* **Exercise instructions**: Select from the records below every line that has the word "path" in it.
------ Exercise input ------
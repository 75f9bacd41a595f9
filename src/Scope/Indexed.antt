-- ===== src/Scope/Indexed.antt =====
-- `indexMembership` of src/core/planes/scopeIndex.ts, by the path that compares and by the append
-- path: the membership maps after it and the value that lands.
use react_native_dblayer.Base.{
  ◌≡◌, refl, ap, sym, ◌∙◌, Bool, true, false, ◌&&◌, ◌||◌, not, Option, none, some, List, [], ◌∷◌,
  map, arith, if◌then◌else◌, any, keep, Bool-cases, inl, inr,
}
use react_native_dblayer.Base.Str.{Str, str_eq, str_eq_iff}
use react_native_dblayer.Base.StrSet
use react_native_dblayer.Base.StrSet.{StrSet}
use react_native_dblayer.Base.StrMap
use react_native_dblayer.Base.StrMap.{StrMap}
use react_native_dblayer.Scope.Entry.{ScopeEntry, ScopeIndexValue, has_id, entry_id}
use react_native_dblayer.Scope.State.{
  State, set_at, hold_rows, add_ids, departed_ids, entries_of, index_membership, index_commit,
  landed,
}
use react_native_dblayer.Scope.Methods.{has_member, keys_of}
use react_native_dblayer.Scope.Membership.{
  are_distinct, drop_rows-Drops, has-add_ids, has-departed_ids, has-hold_rows, has-map-entry_id,
}

-- The members of every scope are the ids of its committed entries, and the scopes of every row
-- are those that it is a member of.
pub record IsCoherent (s : State) : Type 0 where
  pub members :
      (key id : Str) → has_member key id s ≡ has_id id (entries_of (StrMap.get key s.scopes))
  pub rows : (key id : Str) → StrSet.has key (keys_of id s) ≡ has_member key id s

-- What `indexMembership` leaves of the membership maps.
abbrev Indexes : Str → StrSet → List Str → State → State → Type 0
Indexes key ids departed s s' =
    ((k id : Str)
      → has_member k id s' ≡ (if str_eq key k then StrSet.has id ids else has_member k id s))
    × ((k id : Str)
        → StrSet.has k (keys_of id s') ≡ (
            (str_eq key k && StrSet.has id ids)
            || (not (str_eq key k && StrSet.has id departed) && StrSet.has k (keys_of id s))))
    × (s'.scopes ≡ s.scopes)

pub index_membership-Indexes :
    (key : Str) (ids : StrSet) (departed : List Str) (s : State)
    → are_distinct departed ≡ true
    → ((id : Str) → StrSet.has id departed ≡ true → StrSet.has key (keys_of id s) ≡ true)
    → (s' : State) × (index_membership key ids departed s ≡ some s') × Indexes key ids departed s s'
unfolding index_membership has_member keys_of
index_membership-Indexes key ids departed s d h =
    let (m, e, drops) = drop_rows-Drops key departed s.keys_by_row d h in
    (
      record s {
        keys_by_row = hold_rows key ids m;
        member_sets = StrMap.set key ids s.member_sets;
      },
      rw (e, index_membership) refl,
      (
        (λ k id. rw (StrMap.get-set key k ids s.member_sets, set_at) (ground arith)),
        (λ k id. ground (arith, has-hold_rows key k ids id m, drops k id)),
        refl,
      ),
    )

has_id-keep :
    (p : ScopeEntry → Bool) (id : Str) (es : List ScopeEntry)
    → has_id id es ≡ false
    → has_id id (keep p es) ≡ false
unfolding has_id any keep
has_id-keep p id [] h = refl
has_id-keep p id (e ∷ es) h = ground (arith, has_id-keep p id es)

are_distinct-keep :
    (p : ScopeEntry → Bool) (es : List ScopeEntry)
    → are_distinct (map entry_id es) ≡ true
    → are_distinct (map entry_id (keep p es)) ≡ true
unfolding keep
are_distinct-keep p [] h = refl
are_distinct-keep p (e ∷ es) h = ground (
  arith,
  are_distinct-keep p es,
  has_id-keep p e.id es,
  has-map-entry_id e.id es,
  has-map-entry_id e.id (keep p es),
)

-- A commit of a value under a key, as the maps show it.
abbrev pub Commits : Str → ScopeIndexValue → State → Option State → Type 0
Commits key next s result =
    (s' : State) × (result ≡ some s')
    × IsCoherent s'
    × ((k : Str)
        → StrMap.get k s'.scopes ≡ (if str_eq key k then some next else StrMap.get k s.scopes))

entries_of-set :
    (key k : Str) (next : ScopeIndexValue) (m : StrMap ScopeIndexValue)
    → entries_of (StrMap.get k (StrMap.set key next m))
      ≡ (if str_eq key k then next.entries else entries_of (StrMap.get k m))
entries_of-set key k next m = elim (Bool-cases (str_eq key k)) [
  | inl same ↦ ap entries_of (StrMap.get-set key k next m) ∙ rw same refl
  | inr other ↦ ap entries_of (StrMap.get-set key k next m) ∙ rw other refl
]

has_none : (id : Str) → StrSet.has id [] ≡ false
unfolding StrSet.has
has_none id = refl

-- A landing whose member set has the ids of the new entries and that takes away the ids of the
-- old entries that are not among them.
indexed-Commits :
    (key : Str) (next : ScopeIndexValue) (ids : StrSet) (departed : List Str) (s : State)
    → IsCoherent s
    → are_distinct departed ≡ true
    → ((id : Str) → StrSet.has id ids ≡ has_id id next.entries)
    → ((id : Str)
        → StrSet.has id departed
          ≡ (has_id id (entries_of (StrMap.get key s.scopes)) && not (StrSet.has id ids)))
    → Commits key next s (landed key next (index_membership key ids departed s))
unfolding landed has_member keys_of
indexed-Commits key next ids departed s c d ids_are departed_are =
    let previous : List ScopeEntry = entries_of (StrMap.get key s.scopes) in
    let (u, e, (members, rows, scopes)) =
      index_membership-Indexes key ids departed s d
        (λ id left. ground (arith, departed_are id, c.rows key id, c.members key id)) in
    let entries : (k : Str)
        → entries_of (StrMap.get k (StrMap.set key next u.scopes))
          ≡ (if str_eq key k then next.entries else entries_of (StrMap.get k s.scopes)) =
      λ k. entries_of-set key k next u.scopes ∙ rw scopes refl in
    (
      record u { scopes = StrMap.set key next u.scopes; dirty = StrSet.add key u.dirty },
      rw (e, landed) refl,
      record {
        members = λ k id.
            ground (arith, members k id, ids_are id, c.members k id, ap (has_id id) (entries k));
        rows = λ k id. elim (Bool-cases (str_eq key k)) [
          | inr other ↦ ground (arith, rows k id, members k id, c.rows k id)
          | inl same ↦
              let there : has_id id (entries_of (StrMap.get k s.scopes)) ≡ has_id id previous =
                ap (λ x. has_id id (entries_of (StrMap.get x s.scopes)))
                  (sym ((str_eq_iff key k).0 same)) in
              ground (
                arith,
                rows k id,
                members k id,
                c.rows k id,
                c.members k id,
                there,
                departed_are id,
              )
        ];
      },
      λ k. StrMap.get-set key k next u.scopes ∙ rw scopes refl,
    )

pub landed-Commits :
    (key : Str) (next : ScopeIndexValue) (s : State)
    → IsCoherent s
    → are_distinct (map entry_id (entries_of (StrMap.get key s.scopes))) ≡ true
    → Commits key next s (landed key next (index_commit key (StrMap.get key s.scopes) next s))
unfolding index_commit departed_ids
landed-Commits key next s c d =
    let ids : StrSet = add_ids (map entry_id next.entries) [] in
    let previous : List ScopeEntry = entries_of (StrMap.get key s.scopes) in
    indexed-Commits key next ids (departed_ids previous ids) s c
      (are_distinct-keep (λ x. not (StrSet.has x.id ids)) previous d)
      (λ id. ground (
        arith,
        has-add_ids id (map entry_id next.entries) [],
        has-map-entry_id id next.entries,
        has_none id,
      ))
      (λ id. has-departed_ids id previous ids)

-- The ids that the entries under a key have after a commit: those of the new value, which on the
-- append path are to be the ids there were and the added ones.
abbrev pub id_after : Option (List Str) → List ScopeEntry → List ScopeEntry → Str → Bool
id_after none previous next id = has_id id next
id_after (some added) previous next id = has_id id previous || StrSet.has id added

pub appended-Commits :
    (key : Str) (next : ScopeIndexValue) (added : List Str) (s : State)
    → IsCoherent s
    → ((id : Str)
        → has_id id next.entries
          ≡ id_after (some added) (entries_of (StrMap.get key s.scopes)) next.entries id)
    → Commits key next s
        (landed key next (index_membership key (add_ids added (set_at key s.member_sets)) [] s))
unfolding has_member
appended-Commits key next added s c grown =
    let ids : StrSet = add_ids added (set_at key s.member_sets) in
    let ids_are : (id : Str) → StrSet.has id ids ≡ has_id id next.entries = λ id.
      ground (arith, has-add_ids id added (set_at key s.member_sets), c.members key id, grown id) in
    indexed-Commits key next ids [] s c refl ids_are
      (λ id. ground (arith, has_none id, ids_are id, grown id))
------
* **Answer below**:
-- `indexMembership` of src/core/planes/scopeIndex.ts, by the path that compares and by the append
-- path: the membership maps after it and the value that lands.
-- append path are to be the ids there were and the added ones.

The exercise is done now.